> _DIRECTIONS FOR THIS TASK_: Every line with "where" in it must be copied from the data.

> _SUPPLIED INFORMATION_:
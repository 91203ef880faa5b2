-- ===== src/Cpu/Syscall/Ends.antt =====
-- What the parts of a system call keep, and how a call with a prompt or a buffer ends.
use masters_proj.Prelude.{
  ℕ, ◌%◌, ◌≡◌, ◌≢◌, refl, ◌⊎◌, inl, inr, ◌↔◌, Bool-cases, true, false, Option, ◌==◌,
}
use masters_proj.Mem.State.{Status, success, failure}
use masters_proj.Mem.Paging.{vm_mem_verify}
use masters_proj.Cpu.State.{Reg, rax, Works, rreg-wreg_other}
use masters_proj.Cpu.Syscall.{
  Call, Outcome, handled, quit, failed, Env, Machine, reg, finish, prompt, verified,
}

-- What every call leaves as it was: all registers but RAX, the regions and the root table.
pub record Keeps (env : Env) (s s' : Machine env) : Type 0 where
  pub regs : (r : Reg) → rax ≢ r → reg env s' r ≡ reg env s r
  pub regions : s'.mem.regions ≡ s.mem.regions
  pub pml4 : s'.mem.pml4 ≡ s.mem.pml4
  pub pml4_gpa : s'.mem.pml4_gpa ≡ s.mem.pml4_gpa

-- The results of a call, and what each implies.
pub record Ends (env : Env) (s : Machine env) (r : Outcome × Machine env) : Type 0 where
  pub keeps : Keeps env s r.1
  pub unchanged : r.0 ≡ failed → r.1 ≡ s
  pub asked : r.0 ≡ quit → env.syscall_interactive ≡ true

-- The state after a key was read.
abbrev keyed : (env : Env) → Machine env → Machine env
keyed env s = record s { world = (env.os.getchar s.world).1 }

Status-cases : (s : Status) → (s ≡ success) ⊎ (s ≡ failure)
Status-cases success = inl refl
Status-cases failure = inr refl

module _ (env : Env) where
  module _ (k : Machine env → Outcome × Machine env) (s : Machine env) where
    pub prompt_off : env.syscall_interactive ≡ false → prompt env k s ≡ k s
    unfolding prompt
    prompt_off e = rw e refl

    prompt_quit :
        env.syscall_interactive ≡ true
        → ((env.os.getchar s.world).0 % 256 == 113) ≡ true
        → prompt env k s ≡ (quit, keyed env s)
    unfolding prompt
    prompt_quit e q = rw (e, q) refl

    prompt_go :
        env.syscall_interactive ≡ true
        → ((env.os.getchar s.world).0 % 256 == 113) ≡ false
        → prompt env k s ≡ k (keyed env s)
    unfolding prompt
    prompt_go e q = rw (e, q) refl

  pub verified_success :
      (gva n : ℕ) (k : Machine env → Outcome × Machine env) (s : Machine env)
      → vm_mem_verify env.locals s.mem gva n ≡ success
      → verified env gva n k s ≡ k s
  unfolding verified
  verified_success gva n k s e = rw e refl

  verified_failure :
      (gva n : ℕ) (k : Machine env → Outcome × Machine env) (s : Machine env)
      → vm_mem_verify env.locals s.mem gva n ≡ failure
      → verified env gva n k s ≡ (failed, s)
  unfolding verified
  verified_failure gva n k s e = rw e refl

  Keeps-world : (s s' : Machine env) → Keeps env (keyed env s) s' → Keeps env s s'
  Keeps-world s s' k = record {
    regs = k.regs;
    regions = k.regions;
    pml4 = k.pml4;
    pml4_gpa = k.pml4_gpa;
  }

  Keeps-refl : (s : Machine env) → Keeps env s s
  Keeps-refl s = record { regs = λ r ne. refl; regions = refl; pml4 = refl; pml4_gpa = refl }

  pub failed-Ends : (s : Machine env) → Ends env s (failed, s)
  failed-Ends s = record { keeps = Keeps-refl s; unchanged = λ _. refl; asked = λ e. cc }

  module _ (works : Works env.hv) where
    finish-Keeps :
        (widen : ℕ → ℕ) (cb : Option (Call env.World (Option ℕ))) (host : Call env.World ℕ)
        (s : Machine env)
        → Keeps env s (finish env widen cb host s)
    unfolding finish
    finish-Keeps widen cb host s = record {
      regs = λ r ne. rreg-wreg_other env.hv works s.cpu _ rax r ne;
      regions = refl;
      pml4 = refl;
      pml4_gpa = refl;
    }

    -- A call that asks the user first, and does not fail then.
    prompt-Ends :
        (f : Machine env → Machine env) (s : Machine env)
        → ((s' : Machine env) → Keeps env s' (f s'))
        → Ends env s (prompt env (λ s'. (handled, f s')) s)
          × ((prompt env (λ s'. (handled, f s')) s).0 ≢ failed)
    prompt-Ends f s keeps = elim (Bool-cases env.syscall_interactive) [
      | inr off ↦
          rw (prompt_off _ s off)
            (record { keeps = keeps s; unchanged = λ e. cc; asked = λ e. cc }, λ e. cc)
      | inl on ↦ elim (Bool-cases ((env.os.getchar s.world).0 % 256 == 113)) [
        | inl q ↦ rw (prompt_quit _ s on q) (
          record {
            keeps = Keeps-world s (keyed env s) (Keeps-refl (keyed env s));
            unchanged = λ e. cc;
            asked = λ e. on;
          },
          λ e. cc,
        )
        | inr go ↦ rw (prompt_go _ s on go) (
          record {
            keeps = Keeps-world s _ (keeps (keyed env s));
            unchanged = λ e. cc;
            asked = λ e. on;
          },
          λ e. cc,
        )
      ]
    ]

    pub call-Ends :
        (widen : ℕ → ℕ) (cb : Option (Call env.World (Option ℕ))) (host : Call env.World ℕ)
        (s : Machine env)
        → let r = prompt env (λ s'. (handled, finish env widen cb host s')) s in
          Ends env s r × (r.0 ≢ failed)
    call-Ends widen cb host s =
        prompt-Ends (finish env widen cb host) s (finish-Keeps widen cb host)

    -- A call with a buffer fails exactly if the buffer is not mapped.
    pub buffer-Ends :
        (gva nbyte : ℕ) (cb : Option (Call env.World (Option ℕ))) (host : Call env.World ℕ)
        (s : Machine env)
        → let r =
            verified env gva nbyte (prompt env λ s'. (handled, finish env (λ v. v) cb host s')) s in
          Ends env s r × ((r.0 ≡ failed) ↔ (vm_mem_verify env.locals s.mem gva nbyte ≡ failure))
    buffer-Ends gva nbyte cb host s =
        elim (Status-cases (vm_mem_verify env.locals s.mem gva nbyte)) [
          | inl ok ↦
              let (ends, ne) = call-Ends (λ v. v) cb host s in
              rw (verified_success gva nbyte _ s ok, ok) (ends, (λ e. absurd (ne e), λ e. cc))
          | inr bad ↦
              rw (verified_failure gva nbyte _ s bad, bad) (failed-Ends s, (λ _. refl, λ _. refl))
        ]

> _ANSWER_:
pub record Keeps (env : Env) (s s' : Machine env) : Type 0 where
pub record Ends (env : Env) (s : Machine env) (r : Outcome × Machine env) : Type 0 where
module _ (env : Env) where
  module _ (k : Machine env → Outcome × Machine env) (s : Machine env) where
  module _ (works : Works env.hv) where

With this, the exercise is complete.